Das Geschichten erzählen sei dabei eine Methode, um den entstehenden Stress abzubauen, sinnbildlich nach den Worten „Geteiltes Leid ist halbes Leid“. Einen zweiten, viel weitreichenderen Effekt beschriebt Gansel wie folgt:
Dass sowohl der Produzent der Geschichte als auch der Zuhörer sich in das hineinversetzen müssen, in das was geschieht, mit anderen Worten, sie müssen Empathie entwickeln, sie müssen eine andere Perspektive einnehmen. Und klar dürfte auch sein, dass das erstmal sehr einfache Erzählen von Geschichten, wie auch dann das artifizielle, in Form von künstlerischen Darbietungsweisen, diese Eigenschaft, zu überlegen, was könnte eine Person tun, ist eine Eigenschaft über die nur der Mensch verfügt.
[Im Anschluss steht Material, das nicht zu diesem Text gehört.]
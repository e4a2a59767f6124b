-- ===== src/Primality/Window/Tests.antt =====
-- The tests on several limbs of new_src/primality_limbs.c on concrete numbers.
use gap_miner_v.Prelude.{
  ℕ, ◌+◌, ◌-◌, ◌*◌, ◌/◌, ◌%◌, ◌^◌, ◌≡◌, refl, arith, true, ◌||◌, some, List, [], ◌∷◌, ◌==◌,
}
use gap_miner_v.Primes.{IsPrime}
use gap_miner_v.Primes.Trial.{no_divisor-IsPrime}
use gap_miner_v.Primality.Limbs.Value.{AllWords}
use gap_miner_v.Primality.Builtins.{
  leading_zeros, leading_zeros-LeadingZeros, trailing_zeros, trailing_zeros-CountsTrailing,
}
use gap_miner_v.Primality.Window.{
  get_bits4, get_bits_w, bits_from, fermat_test_nlimbs, euler_test_nlimbs,
}
use gap_miner_v.Primality.Window.Accept.{nlimbs_tests_lem}
use gap_miner_v.Primality.Window.Prime.{nlimbs_of_prime}
use gap_miner_v.Primality.Window.Precomp.{
  ExactPrecomp, precomp_init, fermat_test_precomp, euler_test_precomp,
}
use gap_miner_v.Primality.Window.Precomp.Agree.{precomp_init-tests}

-- A window that straddles two limbs: the last bit of the first and three bits of the second.
straddling : get_bits4 (2 ^ 63 ∷ 5 ∷ []) 63 ≡ 11
unfolding get_bits4
straddling = refl

straddling_w : get_bits_w (2 ^ 63 ∷ 5 ∷ []) 62 5 2 ≡ 22
unfolding get_bits_w bits_from
straddling_w = refl

abbrev number : List ℕ
number = 7 ∷ 4 ∷ []

number-AllWords : AllWords number
number-AllWords = (omega arith, (omega arith, tt))

nlimbs_tests_lem_example :
    let n = 7 + 4 * 2 ^ 64 in
    (fermat_test_nlimbs leading_zeros trailing_zeros 5 number 2 ≡ (2 ^ (n - 1) % n == 1))
    × (euler_test_nlimbs leading_zeros trailing_zeros 5 number 2
        ≡ ((2 ^ ((n - 1) / 2) % n == 1) || (2 ^ ((n - 1) / 2) % n == n - 1)))
nlimbs_tests_lem_example =
    nlimbs_tests_lem leading_zeros trailing_zeros number 2 leading_zeros-LeadingZeros
      trailing_zeros-CountsTrailing number-AllWords refl (omega arith) (omega arith) (omega arith)
      (omega arith) (omega arith) 5

IsPrime-97 : IsPrime 97
IsPrime-97 = no_divisor-IsPrime 97 (omega arith) refl

nlimbs_of_prime_example :
    (fermat_test_nlimbs leading_zeros trailing_zeros 4 (97 ∷ []) 1 ≡ true)
    × (euler_test_nlimbs leading_zeros trailing_zeros 4 (97 ∷ []) 1 ≡ true)
nlimbs_of_prime_example =
    nlimbs_of_prime leading_zeros trailing_zeros 4 (97 ∷ []) 1 leading_zeros-LeadingZeros
      trailing_zeros-CountsTrailing (omega arith, tt) refl (omega arith) (omega arith) (omega arith)
      IsPrime-97

precomp_init-tests_example :
    let n = 7 + 4 * 2 ^ 64 in
    (precomp : ExactPrecomp) × (precomp_init leading_zeros 4 number 2 ≡ some precomp)
    × (fermat_test_precomp trailing_zeros precomp ≡ (2 ^ (n - 1) % n == 1))
    × (euler_test_precomp trailing_zeros precomp
        ≡ ((2 ^ ((n - 1) / 2) % n == 1) || (2 ^ ((n - 1) / 2) % n == n - 1)))
precomp_init-tests_example =
    precomp_init-tests leading_zeros trailing_zeros number 2 leading_zeros-LeadingZeros
      trailing_zeros-CountsTrailing number-AllWords refl (omega arith) (omega arith) (omega arith)
      (omega arith) (omega arith)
Storytelling, die verbindende Kraft
Superspannend für mich ist, dass ich Anfang April diesen Jahres in meinem Artikel „Storytelling, die verbindene Kraft“ eine Theorie aufgestellt hatte, die sich mit der Erklärung von Carsten Gansel in wesentlichen Elementen deckt.
Ich möchte sogar noch einen Schritt weiter gehen und die These aufstellen, dass erst durch das Geschichten erzählen Kultur entstehen kann und auch erst dadurch eine Gesellschaft erkennbar wird.
Der Ausgang meiner Herleitung ging mehr auf den vermittelnden Prozess ein, darauf, dass in dem Augenblick des Geschichten erzählens ein Sender und Empfänger entsteht, die sich zueinander ausrichten müssen, darauf, dass man sich für das Senden und Empfangen auf eine gemeinsame Bedeutungssphäre einigen muss und dadurch Kultur und Gesellschaft entsteht.
Mit meinen Überlegungen zielte ich noch stärker auf den kulturellen und gesellschaftsbildenden Aspekt von Storytelling. Carsten Gansel hingegen geht mehr auf die Bedeutung für die Evolutionären des Menschen ein.
Wer sich in andere reindenken kann, kann Strategien entwickeln, kann handeln. […] Geplantes Handeln wird in der Regel ein Vorteil sein und in der Vorzeit wird dieser Vorteil oft über Leben und Tod entschieden haben.